The UK tech scene has had a lot to celebrate of late: Third in the world for producing successful tech companies and home to 13 tech unicorns – 37 per cent of Europe’s total unicorn companies, making it officially the tech unicorn capital of Europe. At the opening of London Tech Week last month, prime minister Theresa May said more than £1.2 billion is expected to be invested in UK tech companies from around the world this year.

So then what is fuelling the UK technology market’s funding gap at Series B?

The UK tax system includes huge incentives to invest in early-stage start-ups, which is fuelling massive growth in the UK start-up scene.  According to KPMG, more than £1.19 billion was invested in UK companies in the first quarter of 2019. 

However, once companies get to the stage of requiring a series B round, they’ve usually used up the tax incentives available. Combine this with a lower number of UK and European based VC funds which are big enough to fund larger series B and beyond funding rounds, and you’ll start to see why such a funding gap exists in the UK.

The failure rate of businesses at series B is roughly the same as at series A or seed round. However, the amount of capital at risk is higher, especially as tax incentives will no longer apply at this stage.  

Some investors deliberately avoid the slightly riskier series B rounds, preferring to wait until these companies have come through some of the scale-up problems, and returning as investors at series C.

There is also increasing pressure from across the pond with US investment firms leading 40% of series B rounds in Europe. They are also able to lead on bigger rounds as there is more capital available in the US markets than in Europe or the UK. And, of course, once companies have US funds, it becomes easier for them to raise further money or pursue a sale in the US.

According to the Guardian, “The value of deals involving US companies buying UK businesses more than doubled to £79bn in 2017-18 from £36.8bn in the previous year.”

On top of this,  there can be a dip in enthusiasm on behalf of the tech entrepreneur who is, by nature, a creative, daring and innovative ideas person. The ‘fun part’ is the cool and exciting start-up phase and, by comparison, the scale-up stage isn’t nearly as ‘sexy’.

As the leader of a scale-up, you need to focus on the details that are going to help you progress to unicorn, which are not necessarily the skills that made you successful as a start-up.  Scale-up is all  about developing systems, processes and cultures, KPIS…

However, if the UK is serious about helping companies reach unicorn status, we need to look at how we, the investor, partner with founders from Seed all the way to Series B and beyond. 

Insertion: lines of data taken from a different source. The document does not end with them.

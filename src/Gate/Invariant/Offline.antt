-- ===== src/Gate/Invariant/Offline.antt =====
-- Closing sessions keeps the invariant.
use test_go_server.Prelude.{
  ℕ, refl, sym, subst, Option, none, some, Bool, true, false, ◌&&◌, if◌then◌else◌, arith, inl, inr,
  Option-cases,
}
use test_go_server.Protocol.{Error, session_not_found}
use test_go_server.Gate.State.{Session, Gate, put_session, is_closed, is_offline, is_none}
use test_go_server.Gate.Sessions.{get}
use test_go_server.Gate.Offline.{gone, on_session_offline, kick, on_conn_close, close_opt}
use test_go_server.Gate.Invariant.Defs.{
  Good, Inv, Same, Inv-Same, Inv-put, Good-conns, Inv-if, SameConns, SameConns-refl,
  SameConns-trans, SameConns-if, sessions-SameConns, Same-conns,
}
use test_go_server.Gate.Invariant.Frames.{close_opt-Same, notify_player_offline-Same}

pub Good-gone : (g : Gate) (k now : ℕ) (s : Session) → Good g k s → Good g k (gone now s)
Good-gone g k now s v = record {
  keyed = v.keyed;
  named = v.named;
  begun = λ e. cc;
  kept = λ e. cc;
  unplugged = λ e. refl;
  plugged = λ e. inl refl;
  bound = λ c e. cc;
}

-- A good session under its own ID, carried over to a gate with the same bindings.
pub Good-Same : {g h : Gate} (k : ℕ) (s : Session) → Same g h → Good g k s → Good h k s
Good-Same {g} {h} k s p v = Good-conns g h k s (λ c _. p.ids c) (omega (arith, p.limit)) v

pub Good-SameConns : {g h : Gate} (k : ℕ) (s : Session) → SameConns g h → Good g k s → Good h k s
Good-SameConns {g} {h} k s p v = Good-conns g h k s (λ c _. p.ids c) (omega (arith, p.limit)) v

pub Good-self : {g : Gate} {k : ℕ} (s : Session) → Good g k s → Good g s.id s
Good-self {g} s v = subst (λ j. Good g j s) (sym v.keyed) v

pub on_session_offline-Inv :
    (now k : ℕ) (s : Session) (g : Gate) → Inv g → Good g k s → Inv (on_session_offline now s g)
unfolding on_session_offline
on_session_offline-Inv now k s g v good = Inv-if (is_closed s.state) v (
    Inv-if (is_offline s.state && is_none s.conn) v
      (Inv-if (is_offline s.state) put (Inv-Same (notify_player_offline-Same (gone now s) _) put)))
  where
    closed_inv : Inv (close_opt s.conn g)
    closed_inv = Inv-Same (close_opt-Same s.conn g) v

    put : Inv (put_session (gone now s) (close_opt s.conn g))
    put = Inv-put (close_opt s.conn g) (gone now s) closed_inv (
        Good-Same s.id (gone now s) (close_opt-Same s.conn g)
          (Good-gone g s.id now s (Good-self s good)))

pub kick-Inv : (now id : ℕ) (g : Gate) → Inv g → Inv (kick now id g).0
unfolding kick
kick-Inv now id g v = elim (Option-cases (get id g)) [
  | inl e ↦ rw (e, kick) v
  | inr (s, e) ↦
      let off = on_session_offline-Inv now id s g v (v.good id s (unfold get in e)) in
      rw (e, kick) (pick s (is_none s.conn) off)
]
  where
    pick :
        (o : Session) (b : Bool)
        → Inv (on_session_offline now o g)
        → let r : Gate × Option Error =
            if b then (g, some session_not_found) else (on_session_offline now o g, none) in
          Inv r.0
    pick o true off = v
    pick o false off = off

pub on_conn_close-Inv : (now c : ℕ) (g : Gate) → Inv g → Inv (on_conn_close now c g)
unfolding on_conn_close
on_conn_close-Inv now c g v = elim (Option-cases (get (g.conns c).session_id g)) [
  | inl e ↦ rw (e, on_conn_close) v
  | inr (s, e) ↦
      let good = v.good (g.conns c).session_id s (unfold get in e) in
      rw (e, on_conn_close)
        (Inv-Same (notify_player_offline-Same (gone now s) (put_session (gone now s) g))
          (Inv-put g (gone now s) v (Good-gone g s.id now s (Good-self s good))))
]

pub on_session_offline-SameConns :
    (now : ℕ) (s : Session) (g : Gate) → SameConns g (on_session_offline now s g)
unfolding on_session_offline
on_session_offline-SameConns now s g = SameConns-if (is_closed s.state) (SameConns-refl g) (
    SameConns-if (is_offline s.state && is_none s.conn) (SameConns-refl g) (
      SameConns-if (is_offline s.state) put
        (SameConns-trans put (Same-conns (notify_player_offline-Same (gone now s) _)))))
  where
    put : SameConns g (put_session (gone now s) (close_opt s.conn g))
    put =
        SameConns-trans (Same-conns (close_opt-Same s.conn g))
          (sessions-SameConns (close_opt s.conn g) _ _)

pub kick-SameConns : (now id : ℕ) (g : Gate) → SameConns g (kick now id g).0
unfolding kick
kick-SameConns now id g = elim (Option-cases (get id g)) [
  | inl e ↦ rw (e, kick) (SameConns-refl g)
  | inr (s, e) ↦
      let off = on_session_offline-SameConns now s g in
      let dropped : Gate × Option Error = (on_session_offline now s g, none) in
      rw (e, kick)
        (pick (is_none s.conn) (g, some session_not_found) dropped (SameConns-refl g) off)
]
  where
    pick :
        (b : Bool) (p q : Gate × Option Error)
        → SameConns g p.0
        → SameConns g q.0
        → let r : Gate × Option Error = if b then p else q in SameConns g r.0
    pick true p q h k = h
    pick false p q h k = k

pub on_conn_close-SameConns : (now c : ℕ) (g : Gate) → SameConns g (on_conn_close now c g)
unfolding on_conn_close
on_conn_close-SameConns now c g = elim (Option-cases (get (g.conns c).session_id g)) [
  | inl e ↦ rw (e, on_conn_close) (SameConns-refl g)
  | inr (s, e) ↦
      rw (e, on_conn_close)
        (SameConns-trans (sessions-SameConns g _ _)
          (Same-conns (notify_player_offline-Same (gone now s) (put_session (gone now s) g))))
]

We need to up-skill our start-up leadership teams to ensure they are in the right position to take their company through to unicorn. And this does sometimes mean introducing a good CEO alongside the creative founder to ensure the journey continues.

Founders and investors also need to be on the same page with the plan of building the company to scale-up and beyond, not just creating a sales window for great technology.  Founders need to be clear about their plans to stick with the company for long-term growth, and they’ll need to find investors to stick with them.

At Luminous Ventures, we work closely with our founders, supporting them every step on their journey.  We are patient capital. We are in it for the long haul. And we believe that between strong investor relationships and the dedication of our founders to build businesses for growth in the UK, we can stop our best technology being sold off, instead building the unicorns of the future.